■ INSTRUCTIONS FOR THE TASK
Everything from the line containing "abbrev pub ◌>>=◌" through the line containing "pub mod RoundTrip" should be repeated exactly, and nothing else from the data.

■ DATA PROVIDED
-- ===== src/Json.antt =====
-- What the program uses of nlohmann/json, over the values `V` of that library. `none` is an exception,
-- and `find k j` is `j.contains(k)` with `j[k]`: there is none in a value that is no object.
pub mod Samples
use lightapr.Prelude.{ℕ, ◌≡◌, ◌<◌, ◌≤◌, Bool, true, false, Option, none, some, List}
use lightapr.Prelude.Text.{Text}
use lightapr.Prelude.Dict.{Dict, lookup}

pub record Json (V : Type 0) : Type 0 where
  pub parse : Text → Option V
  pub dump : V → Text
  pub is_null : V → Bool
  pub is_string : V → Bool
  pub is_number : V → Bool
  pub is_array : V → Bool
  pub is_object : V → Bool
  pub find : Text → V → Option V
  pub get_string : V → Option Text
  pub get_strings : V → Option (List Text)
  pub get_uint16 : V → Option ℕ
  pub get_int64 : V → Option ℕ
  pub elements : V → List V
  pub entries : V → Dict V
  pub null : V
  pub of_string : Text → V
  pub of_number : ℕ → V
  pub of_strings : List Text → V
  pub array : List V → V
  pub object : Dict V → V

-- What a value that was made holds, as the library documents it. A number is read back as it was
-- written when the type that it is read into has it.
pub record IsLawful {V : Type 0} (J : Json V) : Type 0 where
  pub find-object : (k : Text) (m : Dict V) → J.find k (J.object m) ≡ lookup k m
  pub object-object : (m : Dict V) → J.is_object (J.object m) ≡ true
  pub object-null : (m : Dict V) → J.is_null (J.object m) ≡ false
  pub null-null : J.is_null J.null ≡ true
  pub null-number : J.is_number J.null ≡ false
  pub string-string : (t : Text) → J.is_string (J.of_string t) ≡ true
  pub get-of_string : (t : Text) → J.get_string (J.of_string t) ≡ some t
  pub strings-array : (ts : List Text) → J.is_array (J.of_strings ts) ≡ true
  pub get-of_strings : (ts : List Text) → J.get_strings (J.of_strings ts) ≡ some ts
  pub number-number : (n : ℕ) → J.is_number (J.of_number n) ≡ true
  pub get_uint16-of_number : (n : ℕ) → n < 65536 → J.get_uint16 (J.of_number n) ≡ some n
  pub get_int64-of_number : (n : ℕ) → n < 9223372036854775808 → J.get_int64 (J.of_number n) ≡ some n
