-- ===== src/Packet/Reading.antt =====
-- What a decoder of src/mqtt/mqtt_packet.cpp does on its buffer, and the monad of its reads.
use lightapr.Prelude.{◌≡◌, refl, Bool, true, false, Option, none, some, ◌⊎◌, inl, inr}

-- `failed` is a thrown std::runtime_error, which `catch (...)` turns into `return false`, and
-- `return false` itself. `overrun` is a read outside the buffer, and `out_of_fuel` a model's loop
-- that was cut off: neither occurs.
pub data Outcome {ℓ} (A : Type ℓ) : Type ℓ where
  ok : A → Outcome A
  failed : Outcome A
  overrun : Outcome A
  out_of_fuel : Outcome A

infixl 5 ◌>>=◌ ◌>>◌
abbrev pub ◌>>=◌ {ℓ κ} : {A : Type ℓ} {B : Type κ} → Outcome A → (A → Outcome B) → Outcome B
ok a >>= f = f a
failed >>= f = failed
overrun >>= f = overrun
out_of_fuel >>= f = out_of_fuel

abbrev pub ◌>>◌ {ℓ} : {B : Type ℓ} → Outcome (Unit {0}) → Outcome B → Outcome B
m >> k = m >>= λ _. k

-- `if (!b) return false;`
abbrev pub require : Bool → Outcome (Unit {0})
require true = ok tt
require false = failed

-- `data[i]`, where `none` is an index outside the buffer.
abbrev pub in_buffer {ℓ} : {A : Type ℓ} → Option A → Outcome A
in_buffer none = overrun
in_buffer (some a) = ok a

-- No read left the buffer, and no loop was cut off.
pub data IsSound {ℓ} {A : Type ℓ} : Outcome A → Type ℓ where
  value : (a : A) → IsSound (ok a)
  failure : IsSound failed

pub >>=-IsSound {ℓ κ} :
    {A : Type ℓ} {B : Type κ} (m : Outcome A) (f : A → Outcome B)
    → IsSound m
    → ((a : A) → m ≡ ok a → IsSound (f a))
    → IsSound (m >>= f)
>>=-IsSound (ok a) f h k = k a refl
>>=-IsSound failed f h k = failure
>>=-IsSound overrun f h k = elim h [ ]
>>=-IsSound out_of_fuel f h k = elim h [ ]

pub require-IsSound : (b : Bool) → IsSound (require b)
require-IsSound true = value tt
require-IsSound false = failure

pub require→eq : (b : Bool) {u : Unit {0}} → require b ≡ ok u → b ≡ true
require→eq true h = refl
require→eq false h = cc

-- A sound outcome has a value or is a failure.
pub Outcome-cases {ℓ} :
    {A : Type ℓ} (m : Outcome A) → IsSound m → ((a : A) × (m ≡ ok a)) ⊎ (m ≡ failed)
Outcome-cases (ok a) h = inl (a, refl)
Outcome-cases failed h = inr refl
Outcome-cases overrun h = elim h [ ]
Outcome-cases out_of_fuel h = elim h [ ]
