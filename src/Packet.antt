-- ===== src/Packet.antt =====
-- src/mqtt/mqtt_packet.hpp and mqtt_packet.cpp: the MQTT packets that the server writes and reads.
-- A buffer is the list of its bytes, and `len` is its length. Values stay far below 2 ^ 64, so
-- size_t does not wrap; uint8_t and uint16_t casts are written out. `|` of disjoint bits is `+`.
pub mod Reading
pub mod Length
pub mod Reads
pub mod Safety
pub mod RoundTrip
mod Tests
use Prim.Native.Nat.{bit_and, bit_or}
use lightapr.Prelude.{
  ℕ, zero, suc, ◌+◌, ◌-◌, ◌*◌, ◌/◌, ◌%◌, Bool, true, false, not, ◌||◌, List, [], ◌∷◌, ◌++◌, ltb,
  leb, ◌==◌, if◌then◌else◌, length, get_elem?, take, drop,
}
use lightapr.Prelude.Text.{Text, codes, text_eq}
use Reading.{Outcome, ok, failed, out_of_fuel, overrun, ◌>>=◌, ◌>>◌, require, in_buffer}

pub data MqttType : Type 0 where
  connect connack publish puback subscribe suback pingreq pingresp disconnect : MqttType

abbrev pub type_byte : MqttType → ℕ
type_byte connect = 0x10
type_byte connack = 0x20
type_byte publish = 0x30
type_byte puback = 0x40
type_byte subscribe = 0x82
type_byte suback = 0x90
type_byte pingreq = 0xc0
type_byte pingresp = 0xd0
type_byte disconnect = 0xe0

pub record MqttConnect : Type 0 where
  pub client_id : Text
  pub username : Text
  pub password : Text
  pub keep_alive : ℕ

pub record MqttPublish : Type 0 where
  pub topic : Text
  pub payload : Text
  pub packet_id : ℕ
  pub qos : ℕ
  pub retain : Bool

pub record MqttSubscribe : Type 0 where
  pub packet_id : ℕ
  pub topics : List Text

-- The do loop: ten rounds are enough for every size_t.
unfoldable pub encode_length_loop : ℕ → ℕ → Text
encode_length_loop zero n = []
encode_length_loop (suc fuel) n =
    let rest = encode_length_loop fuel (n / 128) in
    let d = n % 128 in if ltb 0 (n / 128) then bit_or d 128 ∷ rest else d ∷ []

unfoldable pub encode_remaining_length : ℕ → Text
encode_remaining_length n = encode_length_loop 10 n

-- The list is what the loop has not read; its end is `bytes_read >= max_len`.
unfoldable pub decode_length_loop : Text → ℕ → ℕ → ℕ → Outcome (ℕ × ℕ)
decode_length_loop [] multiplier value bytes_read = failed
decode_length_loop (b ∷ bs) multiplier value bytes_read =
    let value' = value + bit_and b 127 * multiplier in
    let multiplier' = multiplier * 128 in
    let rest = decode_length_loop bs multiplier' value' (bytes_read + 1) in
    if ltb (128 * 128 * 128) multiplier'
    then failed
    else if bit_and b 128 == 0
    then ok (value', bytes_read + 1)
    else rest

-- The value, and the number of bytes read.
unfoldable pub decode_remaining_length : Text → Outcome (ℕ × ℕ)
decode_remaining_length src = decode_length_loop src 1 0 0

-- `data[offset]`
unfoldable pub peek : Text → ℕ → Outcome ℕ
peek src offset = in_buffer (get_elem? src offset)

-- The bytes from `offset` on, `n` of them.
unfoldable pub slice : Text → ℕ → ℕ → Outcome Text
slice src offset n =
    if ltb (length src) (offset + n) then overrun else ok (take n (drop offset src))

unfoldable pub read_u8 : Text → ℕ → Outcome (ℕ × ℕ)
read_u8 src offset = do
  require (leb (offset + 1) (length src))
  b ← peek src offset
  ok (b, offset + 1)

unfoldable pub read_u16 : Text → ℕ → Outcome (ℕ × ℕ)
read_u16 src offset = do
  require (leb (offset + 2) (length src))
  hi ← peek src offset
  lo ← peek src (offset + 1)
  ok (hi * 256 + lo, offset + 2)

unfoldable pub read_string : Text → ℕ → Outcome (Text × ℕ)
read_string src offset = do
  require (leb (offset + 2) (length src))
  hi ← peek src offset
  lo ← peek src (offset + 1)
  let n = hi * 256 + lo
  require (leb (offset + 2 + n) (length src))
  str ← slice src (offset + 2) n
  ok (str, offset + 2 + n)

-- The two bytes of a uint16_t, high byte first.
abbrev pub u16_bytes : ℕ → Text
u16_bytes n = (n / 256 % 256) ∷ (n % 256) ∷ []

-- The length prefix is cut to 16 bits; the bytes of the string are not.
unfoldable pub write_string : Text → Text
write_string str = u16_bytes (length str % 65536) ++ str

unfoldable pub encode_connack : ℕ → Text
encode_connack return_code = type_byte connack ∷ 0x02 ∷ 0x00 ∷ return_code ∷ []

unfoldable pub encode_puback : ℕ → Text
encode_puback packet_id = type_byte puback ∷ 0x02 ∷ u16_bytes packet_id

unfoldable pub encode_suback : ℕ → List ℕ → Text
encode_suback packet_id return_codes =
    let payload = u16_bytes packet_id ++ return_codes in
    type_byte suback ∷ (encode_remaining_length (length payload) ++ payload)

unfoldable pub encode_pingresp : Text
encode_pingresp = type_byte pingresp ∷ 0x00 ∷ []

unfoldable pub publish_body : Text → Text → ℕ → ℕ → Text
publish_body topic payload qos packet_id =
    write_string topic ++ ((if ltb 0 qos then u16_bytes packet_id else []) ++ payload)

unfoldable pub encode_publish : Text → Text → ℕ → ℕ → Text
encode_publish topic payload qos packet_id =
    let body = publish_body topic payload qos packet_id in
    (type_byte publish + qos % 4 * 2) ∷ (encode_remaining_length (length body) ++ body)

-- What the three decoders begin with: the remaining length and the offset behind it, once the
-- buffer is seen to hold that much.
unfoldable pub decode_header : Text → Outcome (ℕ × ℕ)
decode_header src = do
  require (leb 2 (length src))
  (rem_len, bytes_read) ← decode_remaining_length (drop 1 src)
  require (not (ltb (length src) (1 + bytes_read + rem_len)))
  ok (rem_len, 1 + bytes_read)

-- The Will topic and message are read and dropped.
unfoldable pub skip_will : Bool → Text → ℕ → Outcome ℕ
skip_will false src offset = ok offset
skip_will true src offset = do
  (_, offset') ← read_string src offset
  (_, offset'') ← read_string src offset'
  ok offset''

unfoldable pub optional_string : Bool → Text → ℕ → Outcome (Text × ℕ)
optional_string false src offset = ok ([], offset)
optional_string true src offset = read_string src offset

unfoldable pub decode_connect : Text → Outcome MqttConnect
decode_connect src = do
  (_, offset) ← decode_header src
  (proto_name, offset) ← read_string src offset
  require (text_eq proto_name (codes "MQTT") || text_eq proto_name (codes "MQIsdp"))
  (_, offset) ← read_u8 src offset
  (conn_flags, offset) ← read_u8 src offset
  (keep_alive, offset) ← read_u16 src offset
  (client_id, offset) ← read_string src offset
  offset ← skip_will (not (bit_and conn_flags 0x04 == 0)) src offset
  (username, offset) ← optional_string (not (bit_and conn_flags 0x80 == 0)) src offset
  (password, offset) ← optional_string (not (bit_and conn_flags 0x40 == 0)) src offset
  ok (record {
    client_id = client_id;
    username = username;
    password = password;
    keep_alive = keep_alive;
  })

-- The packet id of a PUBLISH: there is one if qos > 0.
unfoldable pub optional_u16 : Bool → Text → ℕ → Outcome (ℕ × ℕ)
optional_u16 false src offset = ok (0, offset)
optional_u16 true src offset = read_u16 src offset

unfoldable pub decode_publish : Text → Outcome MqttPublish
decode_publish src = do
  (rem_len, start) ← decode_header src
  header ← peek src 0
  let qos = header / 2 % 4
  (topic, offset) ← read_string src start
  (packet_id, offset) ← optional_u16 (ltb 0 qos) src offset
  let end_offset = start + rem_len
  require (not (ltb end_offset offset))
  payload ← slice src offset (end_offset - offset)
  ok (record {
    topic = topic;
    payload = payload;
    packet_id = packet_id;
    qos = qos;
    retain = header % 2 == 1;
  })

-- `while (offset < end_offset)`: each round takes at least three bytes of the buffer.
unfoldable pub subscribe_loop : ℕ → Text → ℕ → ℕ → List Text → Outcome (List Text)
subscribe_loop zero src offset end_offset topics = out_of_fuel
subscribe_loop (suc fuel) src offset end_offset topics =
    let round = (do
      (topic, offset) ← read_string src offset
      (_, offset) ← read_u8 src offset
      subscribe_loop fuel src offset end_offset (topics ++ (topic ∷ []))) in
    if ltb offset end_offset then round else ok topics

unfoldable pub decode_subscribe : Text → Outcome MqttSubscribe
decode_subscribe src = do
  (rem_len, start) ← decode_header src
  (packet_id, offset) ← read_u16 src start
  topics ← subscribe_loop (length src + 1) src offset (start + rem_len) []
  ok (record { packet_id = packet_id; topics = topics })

■ SOLUTION TO THIS EXERCISE
abbrev pub ◌>>=◌ {ℓ κ} : {A : Type ℓ} {B : Type κ} → Outcome A → (A → Outcome B) → Outcome B
ok a >>= f = f a
failed >>= f = failed
overrun >>= f = overrun
out_of_fuel >>= f = out_of_fuel

abbrev pub ◌>>◌ {ℓ} : {B : Type ℓ} → Outcome (Unit {0}) → Outcome B → Outcome B
m >> k = m >>= λ _. k

-- `if (!b) return false;`
abbrev pub require : Bool → Outcome (Unit {0})
require true = ok tt
require false = failed

-- `data[i]`, where `none` is an index outside the buffer.
abbrev pub in_buffer {ℓ} : {A : Type ℓ} → Option A → Outcome A
in_buffer none = overrun
in_buffer (some a) = ok a

-- No read left the buffer, and no loop was cut off.
pub data IsSound {ℓ} {A : Type ℓ} : Outcome A → Type ℓ where
  value : (a : A) → IsSound (ok a)
  failure : IsSound failed

pub >>=-IsSound {ℓ κ} :
    {A : Type ℓ} {B : Type κ} (m : Outcome A) (f : A → Outcome B)
    → IsSound m
    → ((a : A) → m ≡ ok a → IsSound (f a))
    → IsSound (m >>= f)
>>=-IsSound (ok a) f h k = k a refl
>>=-IsSound failed f h k = failure
>>=-IsSound overrun f h k = elim h [ ]
>>=-IsSound out_of_fuel f h k = elim h [ ]

pub require-IsSound : (b : Bool) → IsSound (require b)
require-IsSound true = value tt
require-IsSound false = failure

pub require→eq : (b : Bool) {u : Unit {0}} → require b ≡ ok u → b ≡ true
require→eq true h = refl
require→eq false h = cc

-- A sound outcome has a value or is a failure.
pub Outcome-cases {ℓ} :
    {A : Type ℓ} (m : Outcome A) → IsSound m → ((a : A) × (m ≡ ok a)) ⊎ (m ≡ failed)
Outcome-cases (ok a) h = inl (a, refl)
Outcome-cases failed h = inr refl
Outcome-cases overrun h = elim h [ ]
Outcome-cases out_of_fuel h = elim h [ ]
filename src/Packet.antt
-- ===== src/Packet.antt =====
-- src/mqtt/mqtt_packet.hpp and mqtt_packet.cpp: the MQTT packets that the server writes and reads.
-- A buffer is the list of its bytes, and `len` is its length. Values stay far below 2 ^ 64, so
-- size_t does not wrap; uint8_t and uint16_t casts are written out. `|` of disjoint bits is `+`.
pub mod Reading
pub mod Length
pub mod Reads
pub mod Safety
pub mod RoundTrip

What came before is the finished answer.